[What you are asked to do] When you reach the line containing "else within (f.fmin" in the records below, start copying exactly, and stop once you have copied the line containing "to_fixed_point price decimals".

[Data for this exercise]

-- ===== src/Aggregator/Outliers.antt =====
-- The rejection of outlying prices, the fixed-point conversion and the source hash of
-- src/aggregator/mod.rs.
use kaskad_nuntius.Prelude.{
  ℕ, ◌-◌, ◌%◌, ◌^◌, not, ◌||◌, List, [], ◌∷◌, ◌++◌, map, Result, ok, err, ltb, nat_beq, length,
  filter, if◌then◌else◌,
}
use kaskad_nuntius.Policy.{Bytes}
use kaskad_nuntius.Crypto.{Crypto}
use kaskad_nuntius.Float.{Float64, nought}
use kaskad_nuntius.Aggregator.{PricePoint}
use kaskad_nuntius.Aggregator.Weights.{median_sorted, sort_floats, at_or}

pub data PriceError : Type 0 where
  non_finite non_positive not_sane overflows_u128 : PriceError

module _ {F : Type 0} ⦃f : Float64 F⦄ where
  -- `median_sorted` of a list that is not empty
  unfoldable pub median_price : List F → F
  median_price values = at_or nought (median_sorted values)

  unfoldable pub distance : F → F → F
  distance median price = f.abs (f.sub price median)

  unfoldable pub cap_of : F → ℕ → F
  cap_of median cap_bps =
      if nat_beq cap_bps 0
      then f.infinity
      else f.div (f.mul (f.abs median) (f.of_nat cap_bps)) (f.of_decimal 10000 0)

  unfoldable pub mad_threshold_of : F → F → F
  mad_threshold_of sigma mad =
      if f.lt mad (f.of_decimal 1 10)
      then f.infinity
      else f.mul (f.mul sigma (f.of_decimal 14826 4)) mad

  unfoldable pub mad_of : List (PricePoint F) → F → F
  mad_of prices median =
      median_price (map (distance median) (sort_floats (map (λ p. p.price) prices)))

  unfoldable pub within : F → F → List (PricePoint F) → List (PricePoint F)
  within threshold median prices =
      if f.is_finite threshold
      then filter (λ p. f.le (distance median p.price) threshold) prices
      else prices

  unfoldable pub reject_outliers_with_cap : List (PricePoint F) → F → ℕ → List (PricePoint F)
  reject_outliers_with_cap prices sigma cap_bps =
      let median = median_price (map (λ p. p.price) prices) in
      let mad_threshold = mad_threshold_of sigma (mad_of prices median) in
      if ltb (length prices) 3
      then prices
      else within (f.fmin mad_threshold (cap_of median cap_bps)) median prices

  unfoldable pub reject_outliers : List (PricePoint F) → F → List (PricePoint F)
  reject_outliers prices sigma = reject_outliers_with_cap prices sigma 0

  -- The greatest price that is signed, 1e20.
  unfoldable pub max_sane_price : F
  max_sane_price = f.of_decimal (10 ^ 20) 0

  unfoldable pub scale_price : F → F → Result PriceError ℕ
  scale_price price multiplier =
      let scaled = f.mul price multiplier in
      if not (f.is_finite scaled) || f.lt scaled nought || f.lt (f.of_nat (2 ^ 128 - 1)) scaled
      then err overflows_u128
      else ok (f.to_u128 (f.round scaled))

  unfoldable pub to_fixed_point : F → ℕ → Result PriceError ℕ
  to_fixed_point price decimals =
      if not (f.is_finite price)
      then err non_finite
      else if f.le price nought
      then err non_positive
      else if f.lt max_sane_price price
      then err not_sane
      else scale_price price (f.of_nat (10 ^ decimals % 2 ^ 64))

  unfoldable pub hashed_bytes : List (PricePoint F) → Bytes
  hashed_bytes [] = []
  hashed_bytes (p ∷ rest) = p.source ++ 124 ∷ f.to_be_bytes p.price ++ hashed_bytes rest

  unfoldable pub sources_hash : Crypto → List (PricePoint F) → Bytes
  sources_hash crypto prices = crypto.keccak256 (hashed_bytes prices)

[Task response]
      else within (f.fmin mad_threshold (cap_of median cap_bps)) median prices

  unfoldable pub reject_outliers : List (PricePoint F) → F → List (PricePoint F)
  reject_outliers prices sigma = reject_outliers_with_cap prices sigma 0

  -- The greatest price that is signed, 1e20.
  unfoldable pub max_sane_price : F
  max_sane_price = f.of_decimal (10 ^ 20) 0

  unfoldable pub scale_price : F → F → Result PriceError ℕ
  scale_price price multiplier =
      let scaled = f.mul price multiplier in
      if not (f.is_finite scaled) || f.lt scaled nought || f.lt (f.of_nat (2 ^ 128 - 1)) scaled
      then err overflows_u128
      else ok (f.to_u128 (f.round scaled))

  unfoldable pub to_fixed_point : F → ℕ → Result PriceError ℕ
  to_fixed_point price decimals =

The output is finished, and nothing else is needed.